Das selbstständige Abraham Geiger Kolleg und das Universitäts-Institut in Potsdam hängen zusammen: Künftige liberale Rabbiner lernen an beiden zugleich. Zu Förderern und Unterstützern des Abraham Geiger Kollegs gehören unter anderen das Bundesbildungsministerium, die Kultusministerkonferenz, das Land Brandenburg und der Zentralrat der Juden in Deutschland. Homolka erhielt 2015 für seine Verdienste um die Ausbildung von Rabbinern in Deutschland das Bundesverdienstkreuz.

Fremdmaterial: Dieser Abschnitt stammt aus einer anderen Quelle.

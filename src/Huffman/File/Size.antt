-- ===== src/Huffman/File/Size.antt =====
-- The size in the header: eight bytes, the highest first.
use native.Mathlib.Nat.{div-div-eq-div-mul, div-le_self}
use native.Mathlib.Numerals.{towards_suc}
use study_in_tezpur_universi.Common.{
  ℕ, zero, suc, ◌+◌, ◌*◌, ◌/◌, ◌%◌, ◌^◌, ◌<◌, ◌≡◌, refl, bit_and, bit_or, List, ◌++◌, some, arith,
  length,
}
use study_in_tezpur_universi.Common.Bits.{◌<<◌, ◌>>◌, bit_and-mask, bit_or-disjoint}
use study_in_tezpur_universi.Huffman.File.{size_bytes, read_size}

pow_byte : (k : ℕ) → 2 ^ (suc k * 8) ≡ 2 ^ (k * 8) * 256
pow_byte k = let e : suc k * 8 ≡ k * 8 + 8 = omega arith in rw e (simp towards_suc (omega arith))

bytes_above : (n l : ℕ) → n / 2 ^ (suc l * 8) ≡ n / 2 ^ (l * 8) / 256
bytes_above n l = rw (pow_byte l, div-div-eq-div-mul n (2 ^ (l * 8)) 256)

-- The next byte goes below those that were read.
byte_in :
    (n l : ℕ)
    → n < 2 ^ 64
    → bit_or (((n / 2 ^ (suc l * 8)) << 8) % 2 ^ 64) (bit_and (n >> (l * 8)) 0xff) ≡ n / 2 ^ (l * 8)
byte_in n l h =
    let q : ((n / 2 ^ (suc l * 8)) << 8) % 2 ^ 64 ≡ n / 2 ^ (l * 8) / 256 * 2 ^ 8 =
      omega (arith, bytes_above n l, div-le_self n (2 ^ (l * 8))) in
    rw (q, bit_and-mask 8 (n / 2 ^ (l * 8)))
      (omega
        (arith, bit_or-disjoint 8 (n / 2 ^ (l * 8) / 256) (n / 2 ^ (l * 8) % 256) (omega arith)))

read_size-size_bytes_from :
    (l n : ℕ) (rest : List ℕ)
    → n < 2 ^ 64
    → read_size l (n / 2 ^ (l * 8)) (size_bytes l n ++ rest) ≡ some (n, rest)
unfolding read_size size_bytes
read_size-size_bytes_from zero n rest h = ground arith
read_size-size_bytes_from (suc l) n rest h =
    rw (byte_in n l h) (read_size-size_bytes_from l n rest h)

-- A size below 2^64 is read back from the eight bytes that stand for it in the header, and the rest
-- of the file remains.
pub read_size-size_bytes :
    (n : ℕ) (rest : List ℕ) → n < 2 ^ 64 → read_size 8 0 (size_bytes 8 n ++ rest) ≡ some (n, rest)
read_size-size_bytes n rest h =
    let high : n / 2 ^ (8 * 8) ≡ 0 = omega arith in
    rw high at (read_size-size_bytes_from 8 n rest h)

pub length-size_bytes : (l n : ℕ) → length (size_bytes l n) ≡ l
unfolding size_bytes
length-size_bytes zero n = refl
length-size_bytes (suc l) n = omega (arith, length-size_bytes l n)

Ergebnis weiterer Untersuchung noch ausstehend

Am Mittwoch wird das Ergebnis einer Untersuchung zu Vorwürfen am Kolleg veröffentlicht, die vom Zentralrat der Juden in Deutschland in Auftrag gegeben wurde. Am Dienstag teilte der Rechtsanwalt David Geßner von einer Berliner Kanzlei, die Homolka vertritt, schriftlich mit: "Im Rahmen des Prüfungsauftrags wurde unserem Mandanten ein Fragenkatalog mit schweren Vorwürfen übersandt." Diese stellten sich der Kanzlei zufolge als haltlos heraus. In der Mitteilung hieß es weiter, sollte das Untersuchungsergebnis "die aussagekräftige Stellungnahme unseres Mandanten nicht berücksichtigen, würde eine massive Persönlichkeitsrechtsverletzung vorliegen, gegen welche rechtliche Schritte einzuleiten wären".

Der Zentralrat der Juden hatte die Anwaltskanzlei Gercke Wollschläger mit der Erstellung einer Untersuchung beauftragt. Das Ergebnis soll am Mittwoch in Form einer "Executive Summary" (Zusammenfassung) veröffentlicht werden, wie es in der Ankündigung hieß. Einen umfassenden Bericht gebe es dann zum Beginn des kommenden Jahres.